160 Gbps free-space optical interconnection fabric demonstration for fully connected multi-chip applications

Abstract

Free-space optical interconnections (FSOI), based on smart pixel technology (in which Silicon ICs are integrated with 2-D arrays of vertical cavity surface emitting lasers (VCSELs) and photodetectors) are projected to enable chip-to-chip interconnection fabrics that achieve bandwidth densities on the order of 1 Terabit/sec/cm2 [1]. Scaleable global (i.e., every pair of chips is linked.) interconnection fabrics that achieve minimum bisection bandwidths in the multi-terabits/sec regime may be implemented using multiple optoelectronic integrated circuits linked to each other. This approach is the basis for the Free-space Accelerator for Switching FAST-Net approach the optical I/O from any single smart pixel array (SPA) chip, located at a lens’ focal plane, are linked to portions of the I/O arrays of all chips in the system. To achieve this, clusters of VCSELs and photodetectors are imaged onto corresponding clusters on other chips.
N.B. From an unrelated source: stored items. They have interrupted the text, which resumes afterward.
-- ===== src/Tasks/Agg/Clear.antt =====
-- What `clear_child_task` does: one child of the given id is dropped, and nothing else changes.
use zkm_prover.Base.{
  ℕ, ◌+◌, ◌≡◌, refl, ◌⊎◌, String, Bool, true, false, Option, none, some, List, [], ◌∷◌, str_eq,
  eq_iff, any, count_if, arith,
}
use zkm_prover.Tasks.{AggTask}
use zkm_prover.Tasks.Agg.{clear_child, clear_child_task}

abbrev pub names : String → Option String → Bool
names id none = false
names id (some child) = str_eq child id

-- A child of this id is not done yet.
abbrev pub awaits : List (Option String) → String → Bool
awaits childs id = any (names id) childs

clear_child-awaits :
    (id other : String) (childs : List (Option String))
    → awaits childs other ≡ true
    → (awaits (clear_child id childs).0 other ≡ true) ⊎ (id ≡ other)
unfolding clear_child
clear_child-awaits id other [] h = cc
clear_child-awaits id other (none ∷ childs) h = clear_child-awaits id other childs h
clear_child-awaits id other (some c ∷ childs) h =
    ground (arith, eq_iff c id, eq_iff c other, clear_child-awaits id other childs)

-- Whoever is waited for is still waited for, or is the one that was cleared.
pub clear_child_task-awaits :
    (id other : String) (t : AggTask)
    → awaits t.childs other ≡ true
    → (awaits (clear_child_task id t).0.childs other ≡ true) ⊎ (id ≡ other)
unfolding clear_child_task
clear_child_task-awaits id other t h = ground (arith, clear_child-awaits id other t.childs h)

pub clear_child_task-keeps :
    (id : String) (t : AggTask)
    → let t' = (clear_child_task id t).0 in
      (t'.task_id ≡ t.task_id) × (t'.state ≡ t.state) × (t'.inputs ≡ t.inputs)
unfolding clear_child_task
clear_child_task-keeps id t = (ground arith, ground arith, ground arith)

-- How many children go by this id.
abbrev pub times_named : String → List (Option String) → ℕ
times_named id = count_if (names id)

abbrev pub flag : Bool → ℕ
flag true = 1
flag false = 0

clear_child-times_named :
    (id : String) (childs : List (Option String))
    → times_named id (clear_child id childs).0 + flag (clear_child id childs).1
      ≡ times_named id childs
unfolding clear_child
clear_child-times_named id [] = refl
clear_child-times_named id (none ∷ childs) = omega (arith, clear_child-times_named id childs)
clear_child-times_named id (some c ∷ childs) = ground (arith, clear_child-times_named id childs)

-- The result says whether one child of the id was cleared.
pub clear_child_task-times_named :
    (id : String) (t : AggTask)
    → times_named id (clear_child_task id t).0.childs + flag (clear_child_task id t).1
      ≡ times_named id t.childs
unfolding clear_child_task
clear_child_task-times_named id t = ground (arith, clear_child-times_named id t.childs)
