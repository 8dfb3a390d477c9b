-- ===== src/Upload/Driver/Sound.antt =====
-- What holds of an upload between the steps of crates/qftp-server/src/transfer_put.rs, and of its
-- destination.
use qftp.Prelude.{
  ℕ, ◌+◌, ◌≤◌, Bytes, true, false, Option, none, some, [], ◌∷◌, ◌++◌, length, length-append, drop,
  ltb, ◌==◌, nat_eq, list_eq, list_beq_iff, beq_refl, if◌then◌else◌, lookup, lookup-insert,
  lookup-remove, Result, ok, err, ◌≡◌, ◌≢◌, ◌⊎◌, inl, inr, ap, ◌∙◌, arith, Bool-cases, Option-cases,
}
use qftp.Protocol.Messages.{Response, ok_response}
use qftp.Paths.{FilePath}
use qftp.Upload.Decoder.{DecodeProgress, CompressionError, push, Zstd, ZstdDecoder}
use qftp.Upload.Trailer.{TrailerBuf, extend}
use qftp.Upload.Driver.Drive.{expected_of, matches}
use qftp.Upload.Driver.{
  PutError, refusal, details_of, ResumeRehash, Env, Exit, waiting, answer, Put, Step, content_at,
  continue, write_failed, cleanup_rejected_upload, reject, rejected, take_body, append_put_trailer,
  extend_trailer, set_trailer, set_decoder, body_overflow, surplus_trailer, decoded_overflow,
  bytes_missing, stopped_early, drain_pending, after_push, pushed, feed_zstd_put_chunk,
}

pub path_beq-false : (p q : FilePath) → p ≢ q → (p == q) ≡ false
path_beq-false p q h = elim (Bool-cases (p == q)) [
  | inl e ↦ absurd (h ((list_beq_iff p q).0 e))
  | inr e ↦ e
]

pub refusal-ne-ok : (text : PutError → Bytes) (e : PutError) → refusal text e ≢ ok_response
unfolding refusal
refusal-ne-ok text e h = elim (Option-cases (details_of e)) [
  | inl n ↦ ground (arith, h, n)
  | inr (d, s) ↦ ground (arith, h, s)
]

-- One upload to `final`, where `before` is what was there, of `total` bytes with the resumed prefix.
module _ {Z : Type 0} (hash : Bytes → Bytes) (final : FilePath) (before : Option Bytes)
    (total : ℕ) where
  -- The destination is as it was.
  pub record IsKept (p : Put Z) : Type 0 where
    pub place : p.0.final_path ≡ final
    pub apart : p.0.temp_path ≢ final
    pub kept : lookup final p.1.files ≡ before

  -- The temp file holds what was hashed, which is all that has arrived.
  pub record IsReady (p : Put Z) : Type 0 where
    pub keeps : IsKept p
    pub prefix_hashed : p.0.rehash ≡ none
    pub temp : lookup p.0.temp_path p.1.files ≡ some p.0.hashed
    pub size : length p.0.hashed + p.0.remaining ≡ total

  -- The temp file holds the prefix, of which a part is not hashed yet.
  pub record IsHashing (rh : ResumeRehash) (p : Put Z) : Type 0 where
    pub keeps : IsKept p
    pub hashing : p.0.rehash ≡ some rh
    pub rest : Bytes
    pub temp : lookup p.0.temp_path p.1.files ≡ some (p.0.hashed ++ rest)
    pub unread : length rest ≡ rh.remaining
    pub size : length p.0.hashed + length rest + p.0.remaining ≡ total

  abbrev pub IsOpen : Put Z → Type 0
  IsOpen p = IsReady p ⊎ ((rh : ResumeRehash) × IsHashing rh p)

  -- The destination holds the whole upload, and its hash is the checksum that was given for it.
  abbrev pub IsCommitted : Put Z → Type 0
  IsCommitted p =
      (content : Bytes) × (lookup final p.1.files ≡ some content)
      × (length content ≡ total)
      × (matches hash (expected_of p.0.trailer_buf p.0.expected_checksum) content ≡ true)
      × (p.0.temp_path ≢ final)

  -- What is owed to an answer.
  abbrev pub IsAnswered : Response → Put Z → Type 0
  IsAnswered resp p = (resp ≢ ok_response) × IsKept p ⊎ (resp ≡ ok_response) × IsCommitted p

  -- What is owed to a step.
  abbrev pub IsGood : {A : Type 0} → Result Exit A × Put Z → Type 0
  IsGood (ok a, p) = IsReady p
  IsGood (err waiting, p) = IsOpen p
  IsGood (err (answer resp), p) = IsAnswered resp p

  pub IsGood-bind :
      {A B : Type 0} (s : Result Exit A × Put Z) (f : A → Step Z B)
      → IsGood s
      → ((a : A) (p : Put Z) → IsReady p → IsGood (f a p))
      → IsGood (continue f s)
  IsGood-bind (ok a, p) f g k = k a p g
  IsGood-bind (err waiting, p) f g k = g
  IsGood-bind (err (answer resp), p) f g k = g

  -- A refusal that leaves all as it is
  pub refused-IsGood :
      (A : Type 0) (text : PutError → Bytes) (e : PutError) (p : Put Z)
      → IsKept p
      → IsGood {A = A} (err (answer (refusal text e)), p)
  refused-IsGood A text e p k = inl (refusal-ne-ok text e, k)

  pub cleanup-IsKept : (p : Put Z) → IsKept p → IsKept (cleanup_rejected_upload p)
  unfolding cleanup_rejected_upload
  cleanup-IsKept (u, w) k = record {
    place = k.place;
    apart = k.apart;
    kept =
        lookup-remove u.temp_path final w.files
        ∙ (ap (λ b. if b then none else lookup final w.files)
              (path_beq-false u.temp_path final k.apart)
            ∙ k.kept);
  }

  pub reject-IsGood :
      (A : Type 0) (text : PutError → Bytes) (e : PutError) (p : Put Z)
      → IsKept p
      → IsGood {A = A} (reject (refusal text e) p)
  reject-IsGood A text e p k = inl (refusal-ne-ok text e, cleanup-IsKept p k)

  module _ (text : PutError → Bytes) (env : Env) where
    pub take_body-IsGood :
        (body : Bytes) (p : Put Z)
        → IsReady p
        → length body ≤ p.0.remaining
        → IsGood (take_body text env body p)
    unfolding take_body
    take_body-IsGood body (u, w) r h = elim (Option-cases (env.write (length u.hashed))) [
      | inr (e, failed) ↦
          rw (failed, take_body) (refused-IsGood (Unit {0}) text (write_failed e) (u, w) r.keeps)
      | inl written ↦
          rw (written, take_body)
            (record {
              keeps = record {
                place = r.keeps.place;
                apart = r.keeps.apart;
                kept =
                    lookup-insert u.temp_path final (content_at u.temp_path w ++ body) w.files
                    ∙ (ap
                          (λ b.
                            if b
                            then some (content_at u.temp_path w ++ body)
                            else lookup final w.files)
                          (path_beq-false u.temp_path final r.keeps.apart)
                        ∙ r.keeps.kept);
              };
              prefix_hashed = r.prefix_hashed;
              temp =
                  lookup-insert u.temp_path u.temp_path (content_at u.temp_path w ++ body) w.files
                  ∙ rw (beq_refl u.temp_path)
                      (ap (λ c. some (c ++ body)) (rw (r.temp, content_at)));
              size = omega (arith, length-append u.hashed body, r.size, h);
            })
    ]

    pub set_trailer-IsReady :
        (b : TrailerBuf) (p : Put Z) → IsReady p → IsReady (set_trailer text b p)
    set_trailer-IsReady b (u, w) r = record {
      keeps = record { place = r.keeps.place; apart = r.keeps.apart; kept = r.keeps.kept };
      prefix_hashed = r.prefix_hashed;
      temp = r.temp;
      size = r.size;
    }

    set_decoder-IsReady :
        (d : ZstdDecoder Z) (p : Put Z) → IsReady p → IsReady (set_decoder text d p)
    set_decoder-IsReady d (u, w) r = record {
      keeps = record { place = r.keeps.place; apart = r.keeps.apart; kept = r.keeps.kept };
      prefix_hashed = r.prefix_hashed;
      temp = r.temp;
      size = r.size;
    }

    extend_trailer-IsGood :
        (piece : Bytes) (buf : Option TrailerBuf) (p : Put Z)
        → IsReady p
        → IsGood (extend_trailer text piece buf p)
    extend_trailer-IsGood piece none p r = refused-IsGood (Unit {0}) text body_overflow p r.keeps
    extend_trailer-IsGood piece (some buf) p r =
        let kept = set_trailer-IsReady (extend piece buf).1 p r in
        elim (Bool-cases (ltb (extend piece buf).0 (length piece))) [
          | inl over ↦ rw over (refused-IsGood (Unit {0}) text surplus_trailer _ kept.keeps)
          | inr all ↦ rw all kept
        ]

    append_put_trailer-IsGood :
        (piece : Bytes) (p : Put Z) → IsReady p → IsGood (append_put_trailer text piece p)
    unfolding append_put_trailer
    append_put_trailer-IsGood [] p r = r
    append_put_trailer-IsGood (c ∷ piece) (u, w) r =
        extend_trailer-IsGood (c ∷ piece) u.trailer_buf (u, w) r

    drain_pending-IsGood :
        (d : ZstdDecoder Z) (p : Put Z) → IsReady p → IsGood (drain_pending text env d p)
    drain_pending-IsGood d (u, w) r = elim (Bool-cases (length d.pending == 0)) [
      | inl empty ↦ rw empty r
      | inr some_left ↦ elim (Bool-cases (ltb u.remaining (length d.pending))) [
        | inl over ↦
            rw (some_left, over) (refused-IsGood (Unit {0}) text decoded_overflow (u, w) r.keeps)
        | inr fits ↦
            rw (some_left, fits)
              (IsGood-bind (take_body text env d.pending (u, w)) _
                (take_body-IsGood d.pending (u, w) r (ground (arith, fits)))
                (λ a p k. set_decoder-IsReady _ p k))
      ]
    ]

    after_push-IsGood :
        (input : Bytes) (progress : DecodeProgress) (p : Put Z)
        → IsReady p
        → IsGood (after_push text input progress p)
    after_push-IsGood input progress (u, w) r = elim (Bool-cases progress.frame_complete) [
      | inl whole ↦ elim (Bool-cases (ltb 0 u.remaining)) [
        | inl short ↦
            rw (whole, short)
              (refused-IsGood (Unit {0}) text (bytes_missing u.remaining) (u, w) r.keeps)
        | inr all ↦
            rw (whole, all) (append_put_trailer-IsGood (drop progress.consumed input) (u, w) r)
      ]
      | inr part ↦ elim (Bool-cases (ltb progress.consumed (length input))) [
        | inl short ↦ rw (part, short) (refused-IsGood (Unit {0}) text stopped_early (u, w) r.keeps)
        | inr all ↦ rw (part, all) r
      ]
    ]

    pushed-IsGood :
        (input : Bytes) (s : Result CompressionError DecodeProgress × ZstdDecoder Z) (p : Put Z)
        → IsReady p
        → IsGood (pushed text env input s p)
    pushed-IsGood input (err e, d) p r =
        refused-IsGood (Unit {0}) text _ _ (set_decoder-IsReady d p r).keeps
    pushed-IsGood input (ok progress, d) p r =
        IsGood-bind (drain_pending text env d (set_decoder text d p)) _
          (drain_pending-IsGood d (set_decoder text d p) (set_decoder-IsReady d p r))
          (λ a p k. after_push-IsGood input progress p k)

    -- A chunk of a compressed body
    pub feed_zstd_put_chunk-IsGood :
        (z : Zstd Z) (input : Bytes) (d : ZstdDecoder Z) (p : Put Z)
        → IsReady p
        → IsGood (feed_zstd_put_chunk text z env input d p)
    unfolding feed_zstd_put_chunk
    feed_zstd_put_chunk-IsGood z input d p r =
        elim d.frame_complete
          as (λ c. IsGood (
            (if c then append_put_trailer text input else pushed text env input (push z input d))
              p)) [
                | true ↦ append_put_trailer-IsGood input p r
                | false ↦ pushed-IsGood input (push z input d) p r
              ]

  cleanup-IsAnswered :
      (resp : Response) (p : Put Z)
      → IsAnswered resp p
      → IsAnswered resp (cleanup_rejected_upload p)
  unfolding cleanup_rejected_upload
  cleanup-IsAnswered resp p (inl (refused, k)) = inl (refused, cleanup-IsKept p k)
  cleanup-IsAnswered resp (u, w) (inr (e, (content, held, size, sum, apart))) = inr (
    e,
    (
      content,
      lookup-remove u.temp_path final w.files
          ∙ (ap (λ b. if b then none else lookup final w.files)
                (path_beq-false u.temp_path final apart)
              ∙ held),
      size,
      sum,
      apart,
    ),
  )

  pub rejected-IsGood : {A : Type 0} (s : Result Exit A × Put Z) → IsGood s → IsGood (rejected s)
  rejected-IsGood (ok a, p) g = g
  rejected-IsGood (err waiting, p) g = g
  rejected-IsGood (err (answer resp), p) g = cleanup-IsAnswered resp p g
Multiple point-to-point links are established between cluster pairs on different SPAs. The clusters are interleaved to achieve a global interconnection pattern across the multi-chip plane, thus effecting a high-density bidirectional data path between every pair of SPA chips on the MCM. SPA chips with integrated VCSEL/detector arrays that have emitter and receiver elements sizes of 10 and 50 µm, respectively, and with element-to-element spacing as small as 125 µm, have been evaluated in a prototype interconnection. To fully exploit the smart pixel I/O density, the global optical interconnection module must provide flat, high resolution, near distortion-free image fields, across a wide range of ray angles, with low optical loss.